3. God's great and glorious plan reveals that belonging to his family is our great hope.

  1. The Jews of Jesus' day fell into same error that plagues many who call themselves Christians. Many Jews believed that if they could trace their lineage back to Abraham then they were automatically children of God. Jesus addressed this error head on in John 8:37-47. Listen to what Jesus says in verses 43-44. ‘If God were your Father, you would love Me, for I proceeded forth and came from God; nor have I come of Myself, but He sent Me. Why do you not understand My speech? Because you are not able to listen to My word. You are of your father the devil, and the desires of your father you want to do. He was a murderer from the beginning, and does not stand in the truth, because there is no truth in him. When he speaks a lie, he speaks from his own resources, for he is a liar and the father of it.'  They were descendants of Abraham, but children of the devil because that which is born of the flesh is flesh. You may come from a godly family stretching back hundreds of years, your family tree may be more holy than that of Jesus, but it does not mean or guarantee that you are a child of God. When Jesus says, ‘Most assuredly I say to you, unless one is born again, he cannot see the kingdom of heaven' he is declaring a truth that applies to everyone. You may be born into a godly family, and that is a glorious privilege, but you must be born again into the family of God. It is as Jesus said, ‘that which is born of the flesh is flesh, and that which is born of the Spirit is spirit.'  Ruth, like every true believer was saved by God in Christ Jesus and not by the family she descended from.
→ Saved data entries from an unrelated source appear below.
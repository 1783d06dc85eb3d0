-- ===== src/Http/Reply.antt =====
-- The reply as a function of the bytes that the proxy sends.
use transproxify.Base.{
  ℕ, zero, suc, ◌<◌, ◌≡◌, refl, sym, ap, ◌∙◌, inl, inr, List, [], ◌∷◌, ◌++◌, Bool, true, false,
  Option, none, some, String, arith, length, ◌==◌, if◌then◌else◌, Bool-cases, ok, throw, append-nil,
}
use transproxify.Wire.{
  Inbound, Answer, eof, broken, chunk, Socket, pending, bytes, ends, Willing, rechunk,
}
use transproxify.Util.Reading.{bytes-rechunk, ends-rechunk}
use transproxify.Upstream.Refines.{
  Transcript, Shows, Refines, pure_t, fail_t, bind_t, pure-Refines, fail-Refines, bind-Refines,
  if-Refines, Refines-ext,
}
use transproxify.Socks5.{c_string}
use transproxify.Socks5.Greeting.{answer}
use transproxify.Http.{
  char_loop, next_char, line_loop, status_code, drain_loop, drain, answered, get_http_proxy_status,
}

abbrev lost : String
lost = "upstream proxy connection lost before tunnelling"

-- The next character that is no carriage return.
abbrev char_t : List ℕ → Transcript ℕ
char_t [] = answer (throw lost) [] []
char_t (c ∷ rest) = let more = char_t rest in if c == b'\r' then more else answer (ok c) rest []

char_loop-Shows :
    (fuel : ℕ) (i : Inbound) (answers : List Answer) (sent : List ℕ)
    → length (bytes i) < fuel
    → Willing answers
    → Shows sent
        (char_loop fuel (record { inbound = i; answers = answers; sent = sent }))
        (char_t (bytes i))
unfolding char_loop
char_loop-Shows zero i answers sent h w = elim h [ ]
char_loop-Shows (suc fuel) eof answers sent h w = record {
  outcome = refl;
  rest = refl;
  sent = sym (append-nil sent);
  willing = w;
}
char_loop-Shows (suc fuel) broken answers sent h w = record {
  outcome = refl;
  rest = refl;
  sent = sym (append-nil sent);
  willing = w;
}
char_loop-Shows (suc fuel) (chunk b bs i) answers sent h w =
    let come = bytes-rechunk bs i in
    elim (Bool-cases (b == b'\r')) [
      | inl k ↦
          rw (k, char_loop, ← come)
            (char_loop-Shows fuel (rechunk bs i) answers sent (omega (arith, ap length come)) w)
      | inr k ↦
          rw (k, char_loop)
            (record { outcome = refl; rest = come; sent = sym (append-nil sent); willing = w })
    ]

char_loop-ends :
    (fuel : ℕ) (i : Inbound) (answers : List Answer) (sent : List ℕ)
    → let s : Socket = record { inbound = i; answers = answers; sent = sent } in
      ends (char_loop fuel s).1.inbound ≡ ends i
unfolding char_loop
char_loop-ends zero i answers sent = refl
char_loop-ends (suc fuel) eof answers sent = refl
char_loop-ends (suc fuel) broken answers sent = refl
char_loop-ends (suc fuel) (chunk b bs i) answers sent = elim (Bool-cases (b == b'\r')) [
  | inl k ↦ rw (k, char_loop) (char_loop-ends fuel (rechunk bs i) answers sent ∙ ends-rechunk bs i)
  | inr k ↦ rw (k, char_loop) (ends-rechunk bs i)
]

char-Refines : Refines next_char char_t
unfolding next_char
char-Refines = record {
  shows =
      λ s w. char_loop-Shows (suc (length (pending s))) s.inbound s.answers s.sent (omega arith) w;
  ending = λ s. char_loop-ends (suc (length (pending s))) s.inbound s.answers s.sent;
}

-- The text up to the next line feed, which fits into the room that is left.
abbrev pub line_reply : ℕ → List ℕ → List ℕ → Transcript (List ℕ)
line_reply zero line p = answer (throw "upstream proxy response too large") p []
line_reply (suc room) line [] = answer (throw lost) [] []
line_reply (suc room) line (c ∷ p) =
    let skip = line_reply (suc room) line p in
    let more = line_reply room (line ++ c ∷ []) p in
    if c == b'\r' then skip else if c == b'\n' then answer (ok line) p [] else more

-- The bytes up to and with an empty line; the flag tells that a line begins here.
abbrev pub drain_reply : Bool → List ℕ → Transcript (Unit {0})
drain_reply newline [] = answer (throw lost) [] []
drain_reply newline (c ∷ p) =
    let skip = drain_reply newline p in
    let begin = drain_reply true p in
    let within = drain_reply false p in
    if c == b'\r'
    then skip
    else if c == b'\n'
    then (if newline then answer (ok tt) p [] else begin)
    else within

line-eq :
    (room : ℕ) (line p : List ℕ)
    → bind_t char_t (λ c. if c == b'\n' then pure_t line else line_reply room (line ++ c ∷ [])) p
      ≡ line_reply (suc room) line p
line-eq room line [] = refl
line-eq room line (c ∷ p) = elim (Bool-cases (c == b'\r')) [
  | inl k ↦ rw k (line-eq room line p)
  | inr k ↦ rw k (elim (Bool-cases (c == b'\n')) [ inl j ↦ rw j | inr j ↦ rw j ])
]

line-Refines : (room : ℕ) (line : List ℕ) → Refines (line_loop room line) (line_reply room line)
unfolding line_loop
line-Refines zero line = fail-Refines _
line-Refines (suc room) line =
    Refines-ext
      (bind-Refines char-Refines
        λ c. if-Refines (c == b'\n') (pure-Refines line) (line-Refines room (line ++ c ∷ [])))
      (line-eq room line)

abbrev drain_t : ℕ → Bool → List ℕ → Transcript (Unit {0})
drain_t zero newline = fail_t lost
drain_t (suc fuel) newline = bind_t char_t λ c.
    if c == b'\n' then (if newline then pure_t tt else drain_t fuel true) else drain_t fuel false

drain_loop-Refines :
    (fuel : ℕ) (newline : Bool) → Refines (drain_loop fuel newline) (drain_t fuel newline)
unfolding drain_loop
drain_loop-Refines zero newline = fail-Refines _
drain_loop-Refines (suc fuel) newline = bind-Refines char-Refines λ c.
    if-Refines (c == b'\n') (if-Refines newline (pure-Refines tt) (drain_loop-Refines fuel true))
      (drain_loop-Refines fuel false)

-- Enough fuel is given.
drain_t-eq :
    (fuel : ℕ) (newline : Bool) (p : List ℕ)
    → length p < fuel
    → drain_t fuel newline p ≡ drain_reply newline p
drain_t-eq zero newline p h = elim h [ ]
drain_t-eq (suc fuel) newline [] h = refl
drain_t-eq (suc fuel) newline (c ∷ p) h = elim (Bool-cases (c == b'\r')) [
  | inl k ↦ rw k (drain_t-eq (suc fuel) newline p (omega arith))
  | inr k ↦ rw k (elim (Bool-cases (c == b'\n')) [
    | inl j ↦ rw j (elim (Bool-cases newline) [
      | inl n ↦ rw n
      | inr n ↦ rw n (drain_t-eq fuel true p (omega arith))
    ])
    | inr j ↦ rw j (drain_t-eq fuel false p (omega arith))
  ])
]

drain-Refines : Refines drain (drain_reply true)
unfolding drain
drain-Refines = record {
  shows = λ s w.
      let n = suc (length (pending s)) in
      rw (← drain_t-eq n true (pending s) (omega arith)) ((drain_loop-Refines n true).shows s w);
  ending = λ s. (drain_loop-Refines (suc (length (pending s))) true).ending s;
}

-- The status line, then the rest of the reply up to its empty line.
abbrev pub code_reply : Option ℕ → List ℕ → Transcript ℕ
code_reply none p = answer (throw "upstream proxy protocol mismatch") p []
code_reply (some code) p = bind_t (drain_reply true) (λ _. pure_t code) p

abbrev pub status_reply : List ℕ → Transcript ℕ
status_reply = bind_t (line_reply 256 []) (λ line. code_reply (status_code (c_string line)))

answered-Refines : (code : Option ℕ) → Refines (answered code) (code_reply code)
unfolding answered
answered-Refines none = fail-Refines _
answered-Refines (some code) = bind-Refines drain-Refines λ _. pure-Refines code

pub status-Refines : Refines get_http_proxy_status status_reply
unfolding get_http_proxy_status
status-Refines = bind-Refines (line-Refines 256 []) λ line. answered-Refines _

-- If the kernel refuses no write, then the reading of the reply does what `status_reply` tells of
-- the bytes to come, whatever the chunks they arrive in: the status code or the error, and the
-- bytes left unread.
pub get_http_proxy_status_lem :
    (s : Socket)
    → Willing s.answers
    → Shows s.sent (get_http_proxy_status s) (status_reply (pending s))
get_http_proxy_status_lem s w = status-Refines.shows s w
  2. It is important to take note that Matthew 1:1 says, ‘The book of the genealogy of Jesus Christ, the Son of David, the Son of Abraham.' Why does Matthew emphasise David and Abraham? It was with Abraham and David that God made the most important covenants concerning the promised Messiah. In the Abrahamic Covenant, God promises the childless Abram a son. Through this seed Abraham would be the father of a great nation. God also promised that through this seed all nations would be blessed. In the Davidic Covenant God promises that David's dynasty will be eternal. From the line of David the eternal King would be born. Jesus is both the seed of Abraham and the seed of David, he is the one through whom all nations are blessed, and he is the King of Kings. Jesus is also the one with whom God makes the New Covenant which secures full salvation for all his people. The New Covenant was not made with a sinful man who would be a covenant-breaker but with God the Son who would secure every pledge and promise of the covenant forever. Listen to John 1:12-13 concerning the blessing of the covenant, ‘but as many as received Him, to them He gave the right to become children of God, to those who believe in His name: who were born, not of blood, nor of the will of the flesh, nor of the will of man, but of God.' Notice believers have the God given right to be the children of God. Belonging to God's family through the second birth is all important.

Conclusion.

Through Naomi and Ruth God was unfolding his glorious plan to send the Saviour to save his people from their sins and make them the children of God. The greatness of that plan was revealed in the coming of Jesus Christ and his glorious work of atonement. Through you and I God continues to unfold his glorious plan that will culminate in the second coming of King Jesus. When Jesus comes again the Lamb's book of life will reveal all who belong to the family of God. By God's grace believers know with assurance that their names are in the Lamb's Book of Life. Do you have this assurance?